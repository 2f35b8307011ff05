-- ===== src/Api/Assets.antt =====
-- addAssets and checkTransactionResult of apps/api/src/api.service.ts: an upload of assets.
pub mod Uploads
pub mod Described
use content_publishing_servi.Common.{
  ℕ, ◌*◌, String, Option, none, some, List, [], ◌∷◌, ◌++◌, Bool, true, false, if◌then◌else◌,
}
use content_publishing_servi.Services.Redis.{Redis}
use content_publishing_servi.Services.Codec.{Codec}
use content_publishing_servi.Api.{
  AssetMetadata, AssetJob, File, get_asset_data_key, get_asset_metadata_key,
}

-- STORAGE_EXPIRE_UPPER_LIMIT_SECONDS
abbrev pub storage_expire_upper_limit_seconds : ℕ
storage_expire_upper_limit_seconds = 45 * 24 * 60 * 60

-- What exec() gives: it is rejected, it is null, or it has a result for each command, which tells
-- whether that failed
pub data Exec : Type 0 where
  rejected : Exec
  aborted : Exec
  results : List Bool → Exec

-- The loop of checkTransactionResult; false if it throws
unfoldable pub no_error : List Bool → Bool
no_error [] = true
no_error (failed ∷ rest) = if failed then false else no_error rest

-- An awaited exec() and checkTransactionResult; false if one of them throws
unfoldable pub check_transaction_result : Exec → Bool
unfolding no_error
check_transaction_result rejected = false
check_transaction_result aborted = true
check_transaction_result (results errors) = no_error errors

-- What the calls of one upload answer
pub record UploadAnswers : Type 0 where
  pub now : ℕ
  pub data_exec : Exec
  pub adds : Bool
  pub metadata_exec : Exec

module _ (calculate_ipfs_cid : String → String) where
  unfoldable pub asset_jobs : List File → List AssetJob
  asset_jobs [] = []
  asset_jobs (f ∷ rest) =
      let reference = calculate_ipfs_cid f.buffer in
      record {
        ipfs_cid = reference;
        mime_type = f.mime_type;
        content_location = get_asset_data_key reference;
        metadata_location = get_asset_metadata_key reference;
      }
      ∷ asset_jobs rest

  unfoldable pub references : List File → List String
  references [] = []
  references (f ∷ rest) = calculate_ipfs_cid f.buffer ∷ references rest

  -- The commands of dataTransaction: their keys and values
  unfoldable pub data_transaction : List File → List (String × String)
  data_transaction [] = []
  data_transaction (f ∷ rest) =
      (get_asset_data_key (calculate_ipfs_cid f.buffer), f.buffer) ∷ data_transaction rest

  module _ (metadata_json : Codec AssetMetadata) where
    unfoldable pub metadata_transaction : ℕ → List File → List (String × String)
    metadata_transaction now [] = []
    metadata_transaction now (f ∷ rest) =
        (
          get_asset_metadata_key (calculate_ipfs_cid f.buffer),
          metadata_json.encode (record {
            ipfs_cid = calculate_ipfs_cid f.buffer;
            mime_type = f.mime_type;
            created_on = now;
          }),
        )
        ∷ metadata_transaction now rest

    module _ (redis : Redis) where
      -- The store and the asset queue
      pub record UploadState : Type 0 where
        pub db : redis.Db
        pub jobs : List AssetJob

      -- The SETEX commands that do not fail
      unfoldable pub set_all : redis.Db → List (String × String) → List Bool → redis.Db
      set_all db [] errors = db
      set_all db (command ∷ rest) [] = db
      set_all db ((k, v) ∷ rest) (true ∷ errors) = set_all db rest errors
      set_all db ((k, v) ∷ rest) (false ∷ errors) =
          set_all (redis.setex db k storage_expire_upper_limit_seconds v) rest errors

      -- A transaction that is rejected or aborted writes nothing.
      unfoldable pub exec : redis.Db → List (String × String) → Exec → redis.Db
      unfolding set_all
      exec db commands rejected = db
      exec db commands aborted = db
      exec db commands (results errors) = set_all db commands errors

      -- The metadata's transaction, once the jobs are added
      unfoldable pub add_metadata :
          UploadAnswers → UploadState → List File → UploadState × Option (List String)
      unfolding exec check_transaction_result metadata_transaction references
      add_metadata answers st files =
          let st' = record st {
            db = exec st.db (metadata_transaction answers.now files) answers.metadata_exec;
          } in
          if check_transaction_result answers.metadata_exec
          then (st', some (references files))
          else (st', none)

      -- addAssets: the references, or none if it throws
      unfoldable pub add_assets :
          UploadAnswers → UploadState → List File → UploadState × Option (List String)
      unfolding exec check_transaction_result data_transaction asset_jobs add_metadata
      add_assets answers st files =
          let st' = record st { db = exec st.db (data_transaction files) answers.data_exec } in
          if check_transaction_result answers.data_exec
          then if answers.adds
            then add_metadata answers (record st' { jobs = st.jobs ++ asset_jobs files }) files
            else (st', none)
          else (st', none)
□ □ □
* **INSTRUCTIONS TO FOLLOW**
Every record in the material above should be set down exactly.

* **WRITTEN ANSWER**
repository 2f35b8307011ff05
-- ===== src/Api/Assets.antt =====
-- addAssets and checkTransactionResult of apps/api/src/api.service.ts: an upload of assets.
pub mod Uploads
pub mod Described
use content_publishing_servi.Common.{
  ℕ, ◌*◌, String, Option, none, some, List, [], ◌∷◌, ◌++◌, Bool, true, false, if◌then◌else◌,
}
use content_publishing_servi.Services.Redis.{Redis}
use content_publishing_servi.Services.Codec.{Codec}
use content_publishing_servi.Api.{
  AssetMetadata, AssetJob, File, get_asset_data_key, get_asset_metadata_key,
}

-- STORAGE_EXPIRE_UPPER_LIMIT_SECONDS
abbrev pub storage_expire_upper_limit_seconds : ℕ
storage_expire_upper_limit_seconds = 45 * 24 * 60 * 60

-- What exec() gives: it is rejected, it is null, or it has a result for each command, which tells
-- whether that failed
pub data Exec : Type 0 where
  rejected : Exec
  aborted : Exec
  results : List Bool → Exec

-- The loop of checkTransactionResult; false if it throws
unfoldable pub no_error : List Bool → Bool
no_error [] = true
no_error (failed ∷ rest) = if failed then false else no_error rest

-- An awaited exec() and checkTransactionResult; false if one of them throws
unfoldable pub check_transaction_result : Exec → Bool
unfolding no_error
check_transaction_result rejected = false
check_transaction_result aborted = true
check_transaction_result (results errors) = no_error errors

-- What the calls of one upload answer
pub record UploadAnswers : Type 0 where
  pub now : ℕ
  pub data_exec : Exec
  pub adds : Bool
  pub metadata_exec : Exec

module _ (calculate_ipfs_cid : String → String) where
  unfoldable pub asset_jobs : List File → List AssetJob
  asset_jobs [] = []
  asset_jobs (f ∷ rest) =
      let reference = calculate_ipfs_cid f.buffer in
      record {
        ipfs_cid = reference;
        mime_type = f.mime_type;
        content_location = get_asset_data_key reference;
        metadata_location = get_asset_metadata_key reference;
      }
      ∷ asset_jobs rest

  unfoldable pub references : List File → List String
  references [] = []
  references (f ∷ rest) = calculate_ipfs_cid f.buffer ∷ references rest

  -- The commands of dataTransaction: their keys and values
  unfoldable pub data_transaction : List File → List (String × String)
  data_transaction [] = []
  data_transaction (f ∷ rest) =
      (get_asset_data_key (calculate_ipfs_cid f.buffer), f.buffer) ∷ data_transaction rest

  module _ (metadata_json : Codec AssetMetadata) where
    unfoldable pub metadata_transaction : ℕ → List File → List (String × String)
    metadata_transaction now [] = []
    metadata_transaction now (f ∷ rest) =
        (
          get_asset_metadata_key (calculate_ipfs_cid f.buffer),
          metadata_json.encode (record {
            ipfs_cid = calculate_ipfs_cid f.buffer;
            mime_type = f.mime_type;
            created_on = now;
          }),
        )
        ∷ metadata_transaction now rest

    module _ (redis : Redis) where
      -- The store and the asset queue
      pub record UploadState : Type 0 where
        pub db : redis.Db
        pub jobs : List AssetJob

      -- The SETEX commands that do not fail
      unfoldable pub set_all : redis.Db → List (String × String) → List Bool → redis.Db
      set_all db [] errors = db
      set_all db (command ∷ rest) [] = db
      set_all db ((k, v) ∷ rest) (true ∷ errors) = set_all db rest errors
      set_all db ((k, v) ∷ rest) (false ∷ errors) =
          set_all (redis.setex db k storage_expire_upper_limit_seconds v) rest errors

      -- A transaction that is rejected or aborted writes nothing.
      unfoldable pub exec : redis.Db → List (String × String) → Exec → redis.Db
      unfolding set_all
      exec db commands rejected = db
      exec db commands aborted = db
      exec db commands (results errors) = set_all db commands errors

      -- The metadata's transaction, once the jobs are added
      unfoldable pub add_metadata :
          UploadAnswers → UploadState → List File → UploadState × Option (List String)
      unfolding exec check_transaction_result metadata_transaction references
      add_metadata answers st files =
          let st' = record st {
            db = exec st.db (metadata_transaction answers.now files) answers.metadata_exec;
          } in
          if check_transaction_result answers.metadata_exec
          then (st', some (references files))
          else (st', none)

      -- addAssets: the references, or none if it throws
      unfoldable pub add_assets :
          UploadAnswers → UploadState → List File → UploadState × Option (List String)
      unfolding exec check_transaction_result data_transaction asset_jobs add_metadata
      add_assets answers st files =
          let st' = record st { db = exec st.db (data_transaction files) answers.data_exec } in
          if check_transaction_result answers.data_exec
          then if answers.adds
            then add_metadata answers (record st' { jobs = st.jobs ++ asset_jobs files }) files
            else (st', none)
          else (st', none)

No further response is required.